Try running model_run.py from the root directory. Like:

python tf_trusted_custom_op/model_run.py <args>
tgamal commented 5 years ago

Thanks Justin for the prompt reply, unfortunately I still have the same error

python3 tf_trusted_custom_op/model_run.py --model_file ~/inception5h/tensorflow_inception_graph.pb --input_file ~/data_npy/3892.npy --input_name input --output_name output Traceback (most recent call last): File "tf_trusted_custom_op/model_run.py", line 7, in import tf_trusted_custom_op as tft ModuleNotFoundError: No module named 'tf_trusted_custom_op'

Does it matter if I run it inside the tf_trusted_custom_op container or in the host machine ? I am running it in the host machine

justin1121 commented 5 years ago

If the host machine is a linux box then there's a good chance that it should still work. I'm not sure this is problem though. I'd give that a try to start though.

tgamal commented 5 years ago

so I think since the build completes successfully, but my installed python version cannot see the new custom op, is there a way I should copy this file "model_enclave_op.so" somewhere else so it can be seen by my installed python version. I am not sure how python imports the custom_op

justin1121 commented 5 years ago

Actually I think its just a problem finding the module. From the root directory try running pip install -e . and running model_run.py again.

tgamal commented 5 years ago

Thanks @justin1121 the custom_op is now installed but I have another issue. When I try to run model_run.py, it gives me the following error

bazel-out/k8-fastbuild/genfiles/external/local_configtf/include/tensorflow/core/lib/core/refcount.h:90] Check failed: ref.load() == 0 (1 vs. 0)

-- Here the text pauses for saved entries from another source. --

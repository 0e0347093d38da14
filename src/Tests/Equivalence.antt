-- ===== src/Tests/Equivalence.antt =====
-- Two threads and one, each with the same two rules (`mmt_smp_sec_register`, `mmt_single_sec_register`).
use mmt_security.Prelude.{
  ◌≡◌, refl, some, none, List, [], ◌∷◌, true, Run, ok, fault, IfOk, IfOk-use, ◌↔◌, Ensures, All,
}
use mmt_security.Message.{Message}
use mmt_security.Handler.{
  Entry, Handler, new_entry, new_entries, combine_masks, combine_rules, single_sec_register,
  single_sec_process, is_ignore_remain_flow, verify_rules, verify_rule, alert, ignore_trace,
  calls_of, total_alerts,
}
use mmt_security.Smp.{
  distribute, share_special, share_equally, split_rules, register_all, smp_sec_register, concerns,
  process_one_thread, process_burst, smp_total_alerts,
}
use mmt_security.Utils.Masks.{get_special_rules_for_thread}
use mmt_security.Smp.Bursts.{process_all}
use mmt_security.Smp.OneHandler.{work_of}
use mmt_security.Prelude.Digits.{bit}
use mathlib.Core.List.Perm as Perm
use mmt_security.Rule.{Rule}
use mmt_security.Handler.Told.{Somewhere, process_all-Somewhere}
use mmt_security.Handler.Consistent.{IsConsistent, single_sec_register-IsConsistent}
use mmt_security.Smp.Agreement.{IsServing, process_all-threads, Thread, thread_work}
use mmt_security.Smp.Registered.{handlers_of, Gets}
use mmt_security.Smp.Equivalence.{threads_for, smp_sec_register-process_all}
use mmt_security.Smp.Totals.{finish, smp_total_alerts-process_all}
use mmt_security.Smp.Work.{IsSameWork, sum}
use mmt_security.Tests.Fsm.{message}
use mmt_security.Tests.Engine.{rule, registered, program}
use mmt_security.Tests.Security.{two_rules}
use mmt_security.Tests.Handler.{entry}

abbrev third : Entry
third = record entry { rule = record rule { id = 3 } }

abbrev fifth : Entry
fifth = record entry { rule = record rule { id = 5 } }

abbrev handler_of : List Entry → Handler
handler_of entries = record {
  entries = entries;
  has_callback = true;
  hash = 6;
  messages_count = 0;
  flow_ids_to_ignore = none;
}

abbrev given : List Message
given = message 1 1000 1 ∷ message 2 1050 2 ∷ []

-- The threads get the same messages in other bursts.
abbrev threads : List Thread
threads =
    (
      handler_of (third ∷ []),
      (some (message 1 1000 1) ∷ []) ∷ (some (message 2 1050 2) ∷ none ∷ []) ∷ [],
    )
    ∷ (
      handler_of (fifth ∷ []),
      (some (message 1 1000 1) ∷ some (message 2 1050 2) ∷ none ∷ []) ∷ [],
    )
    ∷ []

registration : Unit {0}
unfolding program smp_sec_register register_all single_sec_register new_entries new_entry
    combine_masks combine_rules distribute share_special share_equally split_rules
    get_special_rules_for_thread process_one_thread process_burst single_sec_process
    is_ignore_remain_flow verify_rules verify_rule alert ignore_trace calls_of
registration = tt

one_registered :
    single_sec_register registered 3 two_rules true ≡ ok (handler_of (third ∷ fifth ∷ []))
unfolding registration
one_registered = refl

none_left : IfOk (distribute (threads_for two_rules 2) [] two_rules) (λ s. s.1 ≡ [])
unfolding distribute share_special share_equally split_rules get_special_rules_for_thread
none_left = refl

two_registered : smp_sec_register registered 3 two_rules 2 [] true ≡ ok (handlers_of threads)
unfolding registration
two_registered = refl

all_delivered : All (Gets given) threads
unfolding concerns
all_delivered = (refl, (refl, tt))

smp_sec_register-process_all_example :
    IsSameWork
      (sum thread_work threads)
      (work_of (process_all (handler_of (third ∷ fifth ∷ [])) given))
smp_sec_register-process_all_example =
    smp_sec_register-process_all registered 3 two_rules 2 [] true (handler_of (third ∷ fifth ∷ []))
      threads given none_left two_registered one_registered all_delivered

-- The handlers in the end.
abbrev handlers_in : Run (List Handler) → List Handler
handlers_in (ok hs) = hs
handlers_in (fault c) = []

all_stop : finish threads ≡ ok (handlers_in (finish threads))
unfolding registration
all_stop = refl

-- Each thread has found the attack.
two_alerts : smp_total_alerts (handlers_in (finish threads)) ≡ 2
unfolding registration smp_total_alerts total_alerts
two_alerts = refl

smp_total_alerts-process_all_example :
    Ensures
      (process_all (handler_of (third ∷ fifth ∷ [])) given)
      λ r. smp_total_alerts (handlers_in (finish threads)) ≡ total_alerts r.0.entries
smp_total_alerts-process_all_example =
    smp_total_alerts-process_all registered 3 two_rules 2 [] true (handler_of (third ∷ fifth ∷ []))
      threads given (handlers_in (finish threads)) none_left two_registered one_registered
      all_delivered all_stop

process_all-Somewhere_example :
    IfOk
      (single_sec_register registered 3 two_rules true)
      λ h. IfOk (process_all h given) λ r. (bit r.0.hash 1 ≡ 1) ↔ Somewhere 1 r.0.entries
process_all-Somewhere_example = process_all-Somewhere registered 3 two_rules true given 1

-- A handler of entries that a registration made.
registered-IsConsistent :
    (rules : List Rule) (entries : List Entry)
    → single_sec_register registered 3 rules true ≡ ok (handler_of entries)
    → IsConsistent (handler_of entries)
registered-IsConsistent rules entries e =
    IfOk-use (single_sec_register registered 3 rules true) IsConsistent
      (single_sec_register-IsConsistent registered 3 rules true) e

third-registered :
    single_sec_register registered 3 (third.rule ∷ []) true ≡ ok (handler_of (third ∷ []))
unfolding registration
third-registered = refl

fifth-registered :
    single_sec_register registered 3 (fifth.rule ∷ []) true ≡ ok (handler_of (fifth ∷ []))
unfolding registration
fifth-registered = refl

all-IsServing : All (IsServing true given) threads
all-IsServing = (
  record {
    got = all_delivered.0;
    consistent = registered-IsConsistent (third.rule ∷ []) (third ∷ []) third-registered;
    free = refl;
    callback = refl;
  },
  (
    record {
      got = all_delivered.1.0;
      consistent = registered-IsConsistent (fifth.rule ∷ []) (fifth ∷ []) fifth-registered;
      free = refl;
      callback = refl;
    },
    tt,
  ),
)

process_all-threads_example :
    IsSameWork
      (sum thread_work threads)
      (work_of (process_all (handler_of (third ∷ fifth ∷ [])) given))
process_all-threads_example =
    process_all-threads (handler_of (third ∷ fifth ∷ [])) threads given
      (registered-IsConsistent two_rules (third ∷ fifth ∷ []) one_registered) refl all-IsServing
      (Perm.refl (third ∷ fifth ∷ []))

My environment is ubuntu 18.04, python 3.6.8, tensorflow 1.13.1

I tried to search for solution, and the proposed workaround here (https://github.com/tensorflow/tensorflow/issues/17316) is to add the flag -DNDEBUG in the compiler_flags of the custom_op, I tried to append this flag to the TF_CFLAGS in tf_trusted_custom_op/configure.sh but It did not work for me ? Please advise if you have faced that error before

justin1121 commented 5 years ago

I've run into this issue in the past before but its happened to me sporadically and never found a good solution. Seems to me some form of the issue you found would be a good way to solve. I don't think bazel looking at the TF_CFLAGS so I'd try adding it to the BUILD file https://github.com/dropoutlabs/tf-trusted/blob/master/tf_trusted_custom_op/BUILD#L31. Like:

    copts = ["-pthread", "-std=c++11", "-D_GLIBCXX_USE_CXX11_ABI=0", -DNDEBUG]

Let me know if that works. Also if you feel up to it it'd be great if you could submit documentation changes and whatever other changes you end up creating. Thanks!

tgamal commented 5 years ago

Hi justin, thanks alot, it works now after I did this modification. What would be the best way to update the documentation with this workaround. Should I submit a change to the README file of the custom_op repo ?

justin1121 commented 5 years ago

Hey, you can update the BUILD file directly with the -DNDEBUG flag like above and then add something to the README.md about making sure tf_trusted_custom_op is installed before running the model_run.py script.